Perkinsville was a village located in the town of Weathersfield, Windsor County, Vermont, United States. The population was 108 at the 2020 census.

The village government was dissolved in 2020; the town of Weathersfield is now responsible for general governance, including village streetlights.

==Geography==
According to the United States Census Bureau, the village has a total area of 0.2 mi2, all land.

==Demographics==

As of the census of 2000, there were 142 people, 56 households, and 40 families residing in the village. The population density was 754.1 people per square mile (288.6/km^{2}). There were 59 housing units at an average density of 313.3/sq mi (119.9/km^{2}).
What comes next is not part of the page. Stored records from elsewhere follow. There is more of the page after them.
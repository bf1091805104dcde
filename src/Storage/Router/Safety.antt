-- ===== src/Storage/Router/Safety.antt =====
-- What makes the trace of a router sound: every insert goes under a lease for its rows' domain, to
-- a store opened for their exchange and year.
pub mod Steps
use scraper.Base.{
  ℕ, ◌+◌, ◌≡◌, refl, ap, sym, ◌∙◌, ◌⊎◌, inl, inr, Bool, true, false, not, List, [], ◌∷◌, ◌++◌,
  arith, Option, none, some, ok, err, Result, All, All-append, Bool-cases, Option-cases, subst,
  if◌then◌else◌,
}
use scraper.Text.{Text, text_eq, is_empty}
use scraper.Text.Laws.{text_eq→≡}
use scraper.Models.{Kline, OpenInterest}
use scraper.Storage.Domain.{
  WriterLeaseDomain, normalize_writer_lease_domain, normalize_writer_lease_domain_idem,
  kline_domain, domain_for_kline, domain_for_order_book, domain_for_funding_rate,
  domain_for_open_interest, collector_id, RouteKey, route_key, route_text, domain_eq, domain_eq→≡,
}
use scraper.Storage.RouteText.{route_text_injective}
use scraper.Storage.Router.{
  Batch, klines, order_book, funding_rate, open_interest, open_interests, Entry, leased, opened,
  closed, wrote, RouterError, Router, Services, store_at, counted, noted, after_acquire,
  acquire_lease, keep_or_use, keep_store, after_open, open_missing, store_for, after_insert,
  insert_into, write_batch, write_batches, add_to_group, group_rows, in_batches, insert_kline,
}

-- The store was opened for the key. A trace holds the newest entry first.
abbrev pub OpenedAs : ℕ → RouteKey → List Entry → Type 0
OpenedAs s key [] = ⊥
OpenedAs s key (opened s' key' ∷ earlier) = ((s' ≡ s) × (key' ≡ key)) ⊎ OpenedAs s key earlier
OpenedAs s key (leased d id ∷ earlier) = OpenedAs s key earlier
OpenedAs s key (closed s' ∷ earlier) = OpenedAs s key earlier
OpenedAs s key (wrote s' d b ∷ earlier) = OpenedAs s key earlier

-- The newest lease is for the domain, and nothing was written since.
abbrev pub LeasedFor : WriterLeaseDomain → List Entry → Type 0
LeasedFor d [] = ⊥
LeasedFor d (opened s key ∷ earlier) = LeasedFor d earlier
LeasedFor d (leased c id ∷ earlier) = (c ≡ d) × (id ≡ collector_id d)
LeasedFor d (closed s ∷ earlier) = LeasedFor d earlier
LeasedFor d (wrote s c b ∷ earlier) = ⊥

-- The rows of a batch belong to the domain.
abbrev pub Fits : ℕ → WriterLeaseDomain → Batch → Type 0
Fits this_year d (klines ks) = All (λ k. kline_domain this_year k ≡ d) ks
Fits this_year d (order_book ob) = domain_for_order_book this_year ob ≡ d
Fits this_year d (funding_rate fr) = domain_for_funding_rate this_year fr ≡ d
Fits this_year d (open_interest oi) = domain_for_open_interest this_year oi ≡ d
Fits this_year d (open_interests items) =
    All (λ oi. domain_for_open_interest this_year oi ≡ d) items

-- An insert is under its lease, if there is a lease manager, and to the right store.
abbrev pub Allowed : ℕ → Bool → Entry → List Entry → Type 0
Allowed this_year managed (wrote s d b) earlier =
    OpenedAs s (route_key d) earlier
    × (LeasedFor d earlier ⊎ (managed ≡ false))
    × Fits this_year d b
Allowed this_year managed (leased d id) earlier = Unit
Allowed this_year managed (opened s key) earlier = Unit
Allowed this_year managed (closed s) earlier = Unit

abbrev pub AllAllowed : ℕ → Bool → List Entry → Type 0
AllAllowed this_year managed [] = Unit
AllAllowed this_year managed (e ∷ earlier) =
    Allowed this_year managed e earlier × AllAllowed this_year managed earlier

-- A cached store was opened for the key that its text names.
abbrev pub Cached : List Entry → List (Text × ℕ) → Type 0
Cached trace stores =
    All (λ e. (key : RouteKey) × (route_text key ≡ e.0) × OpenedAs e.1 key trace) stores

pub opened_later :
    (e : Entry) (s : ℕ) (key : RouteKey) (t : List Entry)
    → OpenedAs s key t
    → OpenedAs s key (e ∷ t)
opened_later (leased d id) s key t o = o
opened_later (opened s' key') s key t o = inr o
opened_later (closed s') s key t o = o
opened_later (wrote s' d b) s key t o = o

pub Cached-later :
    (e : Entry) (t : List Entry) (stores : List (Text × ℕ))
    → Cached t stores
    → Cached (e ∷ t) stores
Cached-later e t [] c = tt
Cached-later e t ((k, s) ∷ stores) c =
    ((c.0.0, c.0.1, opened_later e s c.0.0 t c.0.2), Cached-later e t stores c.1)

pub Cached-at :
    (key : RouteKey) (t : List Entry) (stores : List (Text × ℕ)) (s : ℕ)
    → Cached t stores
    → store_at (route_text key) stores ≡ some s
    → OpenedAs s key t
unfolding store_at
Cached-at key t [] s c h = cc
Cached-at key t ((k, s') ∷ stores) s c h = elim (Bool-cases (text_eq k (route_text key))) [
  | inl same ↦
      let found : s' ≡ s = ground (arith, h, same) in
      let key_same : c.0.0 ≡ key =
        route_text_injective c.0.0 key (c.0.1 ∙ text_eq→≡ k (route_text key) same) in
      subst (λ u. OpenedAs u key t) found (subst (λ q. OpenedAs s' q t) key_same c.0.2)
  | inr other ↦ Cached-at key t stores s c.1 (ground (arith, h, other))
]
The racial makeup of the village was 99.30% White and 0.70% African American.

There were 56 households, out of which 37.5% had children under the age of 18 living with them, 55.4% were married couples living together, 12.5% had a female householder with no husband present, and 26.8% were non-families. Of all households 21.4% were made up of individuals, and 14.3% had someone living alone who was 65 years of age or older. The average household size was 2.54 and the average family size was 2.88.

In the village, the population was spread out, with 26.8% under the age of 18, 4.9% from 18 to 24, 24.6% from 25 to 44, 27.5% from 45 to 64, and 16.2% who were 65 years of age or older. The median age was 40 years. For every 100 females, there were 94.5 males. For every 100 females age 18 and over, there were 82.5 males.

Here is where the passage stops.